Work to complete =
In the entries below, find each line where the word "commits" appears and give only the total count of such lines.

Data items
[Start of section]
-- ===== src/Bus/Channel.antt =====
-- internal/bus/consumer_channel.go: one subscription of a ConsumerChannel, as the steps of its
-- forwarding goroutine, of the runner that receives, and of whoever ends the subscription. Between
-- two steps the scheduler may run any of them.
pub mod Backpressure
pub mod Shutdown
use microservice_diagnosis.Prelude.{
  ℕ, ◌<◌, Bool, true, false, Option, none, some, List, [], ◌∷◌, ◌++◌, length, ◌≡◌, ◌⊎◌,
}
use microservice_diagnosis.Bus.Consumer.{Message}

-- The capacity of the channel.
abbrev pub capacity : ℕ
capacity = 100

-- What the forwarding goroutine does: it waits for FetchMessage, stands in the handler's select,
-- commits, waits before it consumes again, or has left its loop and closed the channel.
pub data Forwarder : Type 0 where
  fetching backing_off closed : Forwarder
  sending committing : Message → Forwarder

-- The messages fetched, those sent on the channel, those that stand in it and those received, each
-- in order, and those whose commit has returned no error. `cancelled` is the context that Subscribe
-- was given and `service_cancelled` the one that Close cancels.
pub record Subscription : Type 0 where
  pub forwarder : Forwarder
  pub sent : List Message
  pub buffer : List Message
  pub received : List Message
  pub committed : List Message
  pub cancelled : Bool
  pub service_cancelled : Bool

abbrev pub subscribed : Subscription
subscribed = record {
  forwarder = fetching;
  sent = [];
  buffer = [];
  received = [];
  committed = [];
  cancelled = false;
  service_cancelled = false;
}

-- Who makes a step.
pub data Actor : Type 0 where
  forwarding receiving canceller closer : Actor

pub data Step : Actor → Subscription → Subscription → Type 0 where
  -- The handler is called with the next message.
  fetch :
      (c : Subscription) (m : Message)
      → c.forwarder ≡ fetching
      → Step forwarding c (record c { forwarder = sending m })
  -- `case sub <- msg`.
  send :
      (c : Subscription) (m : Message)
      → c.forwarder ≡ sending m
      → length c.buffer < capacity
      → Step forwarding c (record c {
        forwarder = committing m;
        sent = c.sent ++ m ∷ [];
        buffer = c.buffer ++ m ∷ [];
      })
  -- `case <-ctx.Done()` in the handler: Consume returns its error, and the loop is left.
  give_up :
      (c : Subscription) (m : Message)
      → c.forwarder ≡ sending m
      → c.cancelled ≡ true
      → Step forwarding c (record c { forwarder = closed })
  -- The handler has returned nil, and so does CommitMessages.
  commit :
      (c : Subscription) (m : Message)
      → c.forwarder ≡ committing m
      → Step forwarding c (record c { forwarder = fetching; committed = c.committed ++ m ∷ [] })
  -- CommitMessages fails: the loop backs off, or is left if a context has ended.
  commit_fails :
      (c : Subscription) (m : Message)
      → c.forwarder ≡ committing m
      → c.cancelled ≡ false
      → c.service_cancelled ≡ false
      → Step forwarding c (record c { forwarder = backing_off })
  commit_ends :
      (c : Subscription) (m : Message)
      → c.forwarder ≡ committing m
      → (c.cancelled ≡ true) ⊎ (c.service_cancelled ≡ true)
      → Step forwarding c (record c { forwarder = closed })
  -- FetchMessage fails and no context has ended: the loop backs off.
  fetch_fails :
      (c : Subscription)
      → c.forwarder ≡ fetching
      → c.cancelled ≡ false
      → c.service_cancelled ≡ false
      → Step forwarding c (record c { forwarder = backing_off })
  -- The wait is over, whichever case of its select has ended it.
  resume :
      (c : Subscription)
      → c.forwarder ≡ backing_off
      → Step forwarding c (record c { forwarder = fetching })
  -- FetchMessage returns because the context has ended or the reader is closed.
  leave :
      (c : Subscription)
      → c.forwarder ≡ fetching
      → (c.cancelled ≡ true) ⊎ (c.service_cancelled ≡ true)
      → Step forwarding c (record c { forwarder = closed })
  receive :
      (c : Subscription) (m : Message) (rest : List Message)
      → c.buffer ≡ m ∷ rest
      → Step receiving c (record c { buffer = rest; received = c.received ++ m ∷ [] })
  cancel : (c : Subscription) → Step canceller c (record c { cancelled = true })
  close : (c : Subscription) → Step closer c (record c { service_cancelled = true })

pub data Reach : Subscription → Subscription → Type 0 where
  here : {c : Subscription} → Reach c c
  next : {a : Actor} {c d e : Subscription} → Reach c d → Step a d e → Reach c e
[End of section]
[Start of section]
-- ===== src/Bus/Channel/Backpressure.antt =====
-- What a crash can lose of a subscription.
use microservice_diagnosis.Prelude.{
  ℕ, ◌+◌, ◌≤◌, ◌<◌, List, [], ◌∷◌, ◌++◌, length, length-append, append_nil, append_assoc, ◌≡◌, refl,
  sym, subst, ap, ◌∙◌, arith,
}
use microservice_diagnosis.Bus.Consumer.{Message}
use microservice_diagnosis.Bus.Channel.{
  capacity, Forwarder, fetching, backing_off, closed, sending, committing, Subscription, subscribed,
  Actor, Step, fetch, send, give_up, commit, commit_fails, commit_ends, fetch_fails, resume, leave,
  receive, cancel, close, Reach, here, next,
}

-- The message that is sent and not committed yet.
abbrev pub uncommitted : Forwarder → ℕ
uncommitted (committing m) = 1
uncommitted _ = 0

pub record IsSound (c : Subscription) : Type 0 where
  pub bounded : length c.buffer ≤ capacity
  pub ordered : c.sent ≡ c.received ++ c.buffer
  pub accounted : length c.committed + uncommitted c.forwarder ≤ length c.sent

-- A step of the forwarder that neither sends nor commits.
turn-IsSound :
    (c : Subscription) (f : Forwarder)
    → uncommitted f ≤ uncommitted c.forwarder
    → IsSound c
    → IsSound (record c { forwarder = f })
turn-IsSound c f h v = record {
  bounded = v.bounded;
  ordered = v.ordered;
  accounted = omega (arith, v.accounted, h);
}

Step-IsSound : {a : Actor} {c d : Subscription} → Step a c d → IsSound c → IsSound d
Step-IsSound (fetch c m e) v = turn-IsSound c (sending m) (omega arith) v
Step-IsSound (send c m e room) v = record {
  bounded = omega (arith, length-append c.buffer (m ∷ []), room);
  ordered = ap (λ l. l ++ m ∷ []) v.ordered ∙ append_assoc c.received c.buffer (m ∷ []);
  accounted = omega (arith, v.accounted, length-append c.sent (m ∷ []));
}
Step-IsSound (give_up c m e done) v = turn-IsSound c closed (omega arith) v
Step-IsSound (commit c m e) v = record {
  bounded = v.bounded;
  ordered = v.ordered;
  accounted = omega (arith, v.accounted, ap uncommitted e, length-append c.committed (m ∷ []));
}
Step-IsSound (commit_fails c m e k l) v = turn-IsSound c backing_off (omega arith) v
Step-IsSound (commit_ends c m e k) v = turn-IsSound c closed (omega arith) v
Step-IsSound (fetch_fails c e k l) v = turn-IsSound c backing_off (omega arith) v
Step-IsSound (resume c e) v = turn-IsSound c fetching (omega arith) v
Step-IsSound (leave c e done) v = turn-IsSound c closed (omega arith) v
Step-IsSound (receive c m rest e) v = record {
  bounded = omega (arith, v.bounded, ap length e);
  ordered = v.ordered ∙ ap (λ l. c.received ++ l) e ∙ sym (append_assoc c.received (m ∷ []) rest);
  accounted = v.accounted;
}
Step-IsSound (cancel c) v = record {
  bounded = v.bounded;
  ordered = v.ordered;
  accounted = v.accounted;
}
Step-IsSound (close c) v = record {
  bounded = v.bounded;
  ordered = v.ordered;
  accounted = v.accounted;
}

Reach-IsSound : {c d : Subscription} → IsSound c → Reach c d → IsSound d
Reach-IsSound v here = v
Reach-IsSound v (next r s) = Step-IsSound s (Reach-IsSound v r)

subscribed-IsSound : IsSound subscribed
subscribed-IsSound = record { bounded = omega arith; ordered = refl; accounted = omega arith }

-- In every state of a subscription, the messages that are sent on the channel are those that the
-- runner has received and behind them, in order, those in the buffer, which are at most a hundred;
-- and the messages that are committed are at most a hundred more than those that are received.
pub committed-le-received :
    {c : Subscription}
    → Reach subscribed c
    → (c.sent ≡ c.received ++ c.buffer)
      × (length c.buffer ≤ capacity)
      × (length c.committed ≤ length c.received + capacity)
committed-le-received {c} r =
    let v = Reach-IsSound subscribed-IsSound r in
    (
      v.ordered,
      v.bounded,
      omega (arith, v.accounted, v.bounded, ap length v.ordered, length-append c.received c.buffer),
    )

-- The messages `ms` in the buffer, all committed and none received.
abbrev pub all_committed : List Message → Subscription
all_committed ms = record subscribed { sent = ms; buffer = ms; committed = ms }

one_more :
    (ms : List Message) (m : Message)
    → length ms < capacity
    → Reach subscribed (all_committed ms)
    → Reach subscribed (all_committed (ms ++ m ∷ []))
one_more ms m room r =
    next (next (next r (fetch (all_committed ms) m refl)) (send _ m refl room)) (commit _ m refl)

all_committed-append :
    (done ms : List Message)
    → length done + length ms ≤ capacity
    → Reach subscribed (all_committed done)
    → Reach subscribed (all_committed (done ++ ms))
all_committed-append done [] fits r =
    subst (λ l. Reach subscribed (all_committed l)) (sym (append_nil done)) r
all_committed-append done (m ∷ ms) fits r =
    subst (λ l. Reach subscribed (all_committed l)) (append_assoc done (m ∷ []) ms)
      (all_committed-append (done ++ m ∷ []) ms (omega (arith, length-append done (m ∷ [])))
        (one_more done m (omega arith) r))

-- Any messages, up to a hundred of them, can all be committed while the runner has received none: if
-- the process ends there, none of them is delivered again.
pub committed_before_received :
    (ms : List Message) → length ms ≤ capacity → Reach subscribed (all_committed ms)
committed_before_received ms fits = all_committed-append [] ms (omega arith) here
[End of section]
Your response =
2